RECORDS SUPPLIED »

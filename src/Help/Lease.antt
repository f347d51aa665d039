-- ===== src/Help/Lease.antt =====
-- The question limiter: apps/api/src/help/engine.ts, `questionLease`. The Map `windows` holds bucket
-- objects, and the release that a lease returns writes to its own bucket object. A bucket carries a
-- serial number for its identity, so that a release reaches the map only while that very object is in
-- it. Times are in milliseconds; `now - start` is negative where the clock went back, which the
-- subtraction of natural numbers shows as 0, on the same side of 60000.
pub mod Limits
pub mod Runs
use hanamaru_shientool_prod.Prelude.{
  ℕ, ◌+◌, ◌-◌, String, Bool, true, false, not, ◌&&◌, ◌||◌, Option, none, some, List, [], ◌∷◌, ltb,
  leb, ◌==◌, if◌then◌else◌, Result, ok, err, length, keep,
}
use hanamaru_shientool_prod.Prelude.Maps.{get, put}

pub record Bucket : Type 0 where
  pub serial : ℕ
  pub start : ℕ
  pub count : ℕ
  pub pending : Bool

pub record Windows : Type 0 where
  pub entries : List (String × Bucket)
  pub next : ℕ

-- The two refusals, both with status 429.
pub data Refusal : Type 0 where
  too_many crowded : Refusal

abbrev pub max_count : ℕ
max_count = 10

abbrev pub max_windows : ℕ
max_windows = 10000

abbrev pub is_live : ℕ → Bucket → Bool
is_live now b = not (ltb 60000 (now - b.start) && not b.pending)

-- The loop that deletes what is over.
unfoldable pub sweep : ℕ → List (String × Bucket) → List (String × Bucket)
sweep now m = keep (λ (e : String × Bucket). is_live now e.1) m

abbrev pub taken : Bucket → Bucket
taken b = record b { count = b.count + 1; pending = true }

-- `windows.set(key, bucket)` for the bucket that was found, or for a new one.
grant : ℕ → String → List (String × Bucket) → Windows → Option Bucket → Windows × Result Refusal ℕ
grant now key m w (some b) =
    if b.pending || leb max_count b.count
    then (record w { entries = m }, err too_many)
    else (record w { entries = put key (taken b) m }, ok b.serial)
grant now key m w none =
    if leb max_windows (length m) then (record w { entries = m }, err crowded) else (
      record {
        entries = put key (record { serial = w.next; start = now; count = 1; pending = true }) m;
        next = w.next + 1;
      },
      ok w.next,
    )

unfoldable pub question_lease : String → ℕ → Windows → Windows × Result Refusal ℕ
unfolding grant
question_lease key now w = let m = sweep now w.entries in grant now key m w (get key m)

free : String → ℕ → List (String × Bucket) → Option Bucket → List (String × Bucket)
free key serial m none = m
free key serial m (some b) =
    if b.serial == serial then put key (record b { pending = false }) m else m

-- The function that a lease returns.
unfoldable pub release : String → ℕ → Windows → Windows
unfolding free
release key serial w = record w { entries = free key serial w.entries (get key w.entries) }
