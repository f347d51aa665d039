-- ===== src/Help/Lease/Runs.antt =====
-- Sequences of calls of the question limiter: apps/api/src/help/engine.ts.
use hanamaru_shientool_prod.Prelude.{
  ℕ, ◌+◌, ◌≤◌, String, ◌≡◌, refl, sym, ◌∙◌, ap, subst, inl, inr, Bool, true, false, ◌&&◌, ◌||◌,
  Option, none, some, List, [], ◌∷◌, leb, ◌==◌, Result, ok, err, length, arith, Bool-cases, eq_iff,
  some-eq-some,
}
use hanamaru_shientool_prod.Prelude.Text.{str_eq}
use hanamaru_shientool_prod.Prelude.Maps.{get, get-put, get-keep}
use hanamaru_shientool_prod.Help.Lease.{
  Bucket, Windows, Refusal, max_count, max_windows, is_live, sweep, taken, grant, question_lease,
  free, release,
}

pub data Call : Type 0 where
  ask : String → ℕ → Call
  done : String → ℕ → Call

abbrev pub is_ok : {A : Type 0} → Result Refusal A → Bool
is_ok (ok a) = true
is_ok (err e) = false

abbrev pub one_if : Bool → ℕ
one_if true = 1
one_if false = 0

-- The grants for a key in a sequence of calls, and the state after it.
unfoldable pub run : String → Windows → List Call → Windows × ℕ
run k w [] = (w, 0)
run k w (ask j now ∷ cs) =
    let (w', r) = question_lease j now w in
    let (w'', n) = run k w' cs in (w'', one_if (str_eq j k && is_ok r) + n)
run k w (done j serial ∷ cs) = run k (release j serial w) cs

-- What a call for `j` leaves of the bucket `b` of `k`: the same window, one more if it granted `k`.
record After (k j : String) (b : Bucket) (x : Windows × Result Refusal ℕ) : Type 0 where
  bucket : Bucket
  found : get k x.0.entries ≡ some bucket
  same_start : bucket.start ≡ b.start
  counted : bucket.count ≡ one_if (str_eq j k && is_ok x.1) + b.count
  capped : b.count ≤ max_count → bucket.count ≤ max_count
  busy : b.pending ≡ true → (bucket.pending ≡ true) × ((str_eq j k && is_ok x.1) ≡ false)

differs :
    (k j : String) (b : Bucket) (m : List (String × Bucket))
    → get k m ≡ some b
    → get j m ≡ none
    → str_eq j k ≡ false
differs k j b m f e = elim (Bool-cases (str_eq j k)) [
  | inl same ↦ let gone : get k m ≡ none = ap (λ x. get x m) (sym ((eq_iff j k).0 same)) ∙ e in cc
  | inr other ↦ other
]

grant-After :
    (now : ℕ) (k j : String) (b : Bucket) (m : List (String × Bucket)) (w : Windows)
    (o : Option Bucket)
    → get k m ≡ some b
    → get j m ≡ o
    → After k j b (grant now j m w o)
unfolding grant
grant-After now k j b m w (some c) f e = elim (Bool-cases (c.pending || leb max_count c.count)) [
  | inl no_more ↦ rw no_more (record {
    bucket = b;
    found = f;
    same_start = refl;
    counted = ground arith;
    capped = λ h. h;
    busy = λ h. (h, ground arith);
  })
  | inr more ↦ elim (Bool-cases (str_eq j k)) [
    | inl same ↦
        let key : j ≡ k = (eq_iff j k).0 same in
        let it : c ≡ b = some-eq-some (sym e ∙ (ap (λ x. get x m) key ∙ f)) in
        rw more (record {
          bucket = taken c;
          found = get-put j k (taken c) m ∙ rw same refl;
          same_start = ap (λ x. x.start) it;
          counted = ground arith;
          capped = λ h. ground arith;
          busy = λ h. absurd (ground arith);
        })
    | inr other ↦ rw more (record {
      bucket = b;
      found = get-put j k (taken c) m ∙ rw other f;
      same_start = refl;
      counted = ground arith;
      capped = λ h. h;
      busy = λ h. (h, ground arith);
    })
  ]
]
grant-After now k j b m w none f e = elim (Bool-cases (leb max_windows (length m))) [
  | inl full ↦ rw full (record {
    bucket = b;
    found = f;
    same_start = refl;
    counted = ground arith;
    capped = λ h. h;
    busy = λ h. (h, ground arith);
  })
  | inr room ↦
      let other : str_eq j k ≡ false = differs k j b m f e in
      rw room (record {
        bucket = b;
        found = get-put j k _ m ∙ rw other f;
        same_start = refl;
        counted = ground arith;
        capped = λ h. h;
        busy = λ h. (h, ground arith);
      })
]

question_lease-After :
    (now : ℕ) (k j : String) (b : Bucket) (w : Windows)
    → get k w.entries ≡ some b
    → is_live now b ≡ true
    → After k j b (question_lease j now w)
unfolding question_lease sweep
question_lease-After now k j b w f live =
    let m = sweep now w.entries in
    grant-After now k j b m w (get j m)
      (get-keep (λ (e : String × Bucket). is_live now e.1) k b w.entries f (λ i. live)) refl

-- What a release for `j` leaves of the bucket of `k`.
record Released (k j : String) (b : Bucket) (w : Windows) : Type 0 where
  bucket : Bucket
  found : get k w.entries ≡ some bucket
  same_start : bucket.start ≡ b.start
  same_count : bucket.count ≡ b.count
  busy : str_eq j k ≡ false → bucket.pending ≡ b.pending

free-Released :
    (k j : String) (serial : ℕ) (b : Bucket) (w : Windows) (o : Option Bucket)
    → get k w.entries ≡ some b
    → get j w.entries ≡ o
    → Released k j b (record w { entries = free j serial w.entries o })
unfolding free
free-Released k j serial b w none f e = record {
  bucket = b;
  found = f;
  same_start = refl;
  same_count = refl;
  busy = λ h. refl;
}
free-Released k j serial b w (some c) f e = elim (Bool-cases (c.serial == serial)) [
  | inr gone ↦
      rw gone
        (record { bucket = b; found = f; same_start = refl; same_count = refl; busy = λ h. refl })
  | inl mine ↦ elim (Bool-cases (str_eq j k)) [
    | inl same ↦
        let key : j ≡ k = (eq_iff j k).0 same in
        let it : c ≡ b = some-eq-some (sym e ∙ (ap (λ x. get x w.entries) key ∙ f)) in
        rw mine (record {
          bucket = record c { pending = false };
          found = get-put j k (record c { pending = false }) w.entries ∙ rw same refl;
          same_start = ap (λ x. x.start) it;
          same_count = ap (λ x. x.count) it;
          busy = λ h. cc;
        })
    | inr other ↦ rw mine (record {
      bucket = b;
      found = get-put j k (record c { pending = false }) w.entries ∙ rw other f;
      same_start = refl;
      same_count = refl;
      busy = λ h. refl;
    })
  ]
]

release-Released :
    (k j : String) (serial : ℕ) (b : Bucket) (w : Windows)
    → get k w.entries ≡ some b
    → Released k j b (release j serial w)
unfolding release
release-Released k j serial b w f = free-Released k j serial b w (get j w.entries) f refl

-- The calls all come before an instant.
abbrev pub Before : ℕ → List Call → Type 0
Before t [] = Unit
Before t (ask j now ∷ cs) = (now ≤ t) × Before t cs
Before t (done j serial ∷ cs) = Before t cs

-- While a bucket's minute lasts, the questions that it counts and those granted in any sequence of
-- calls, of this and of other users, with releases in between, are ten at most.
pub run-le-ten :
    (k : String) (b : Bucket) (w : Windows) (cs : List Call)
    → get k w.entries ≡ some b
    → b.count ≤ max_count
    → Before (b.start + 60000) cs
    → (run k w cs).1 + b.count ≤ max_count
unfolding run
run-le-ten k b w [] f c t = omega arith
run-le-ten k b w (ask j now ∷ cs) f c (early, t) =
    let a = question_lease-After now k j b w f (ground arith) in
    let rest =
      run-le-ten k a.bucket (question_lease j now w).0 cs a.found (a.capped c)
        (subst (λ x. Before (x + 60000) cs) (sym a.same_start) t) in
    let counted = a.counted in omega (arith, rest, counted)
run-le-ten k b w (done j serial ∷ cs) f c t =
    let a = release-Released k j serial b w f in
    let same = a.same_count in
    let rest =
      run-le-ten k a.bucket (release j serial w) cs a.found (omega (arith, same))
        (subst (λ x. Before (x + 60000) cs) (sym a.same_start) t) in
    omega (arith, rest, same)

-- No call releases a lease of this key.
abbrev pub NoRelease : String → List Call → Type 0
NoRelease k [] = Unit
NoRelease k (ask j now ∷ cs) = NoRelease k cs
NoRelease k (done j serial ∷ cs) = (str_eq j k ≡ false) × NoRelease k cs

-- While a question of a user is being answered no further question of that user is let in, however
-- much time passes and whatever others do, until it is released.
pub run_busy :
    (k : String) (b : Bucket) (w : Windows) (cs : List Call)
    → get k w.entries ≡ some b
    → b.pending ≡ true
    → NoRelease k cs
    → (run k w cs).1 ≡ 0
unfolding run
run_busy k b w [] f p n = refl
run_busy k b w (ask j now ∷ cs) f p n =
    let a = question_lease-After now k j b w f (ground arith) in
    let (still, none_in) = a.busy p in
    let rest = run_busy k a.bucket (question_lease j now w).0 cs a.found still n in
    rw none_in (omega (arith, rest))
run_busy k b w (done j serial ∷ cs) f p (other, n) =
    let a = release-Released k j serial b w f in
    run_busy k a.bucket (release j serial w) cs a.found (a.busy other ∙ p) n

TASK GOAL »
Which lines in the entries above contain "omega"? Pull each of them out.

TASK ANSWER »
run-le-ten k b w [] f c t = omega arith
    let counted = a.counted in omega (arith, rest, counted)
      run-le-ten k a.bucket (release j serial w) cs a.found (omega (arith, same))
    omega (arith, rest, same)
    rw none_in (omega (arith, rest))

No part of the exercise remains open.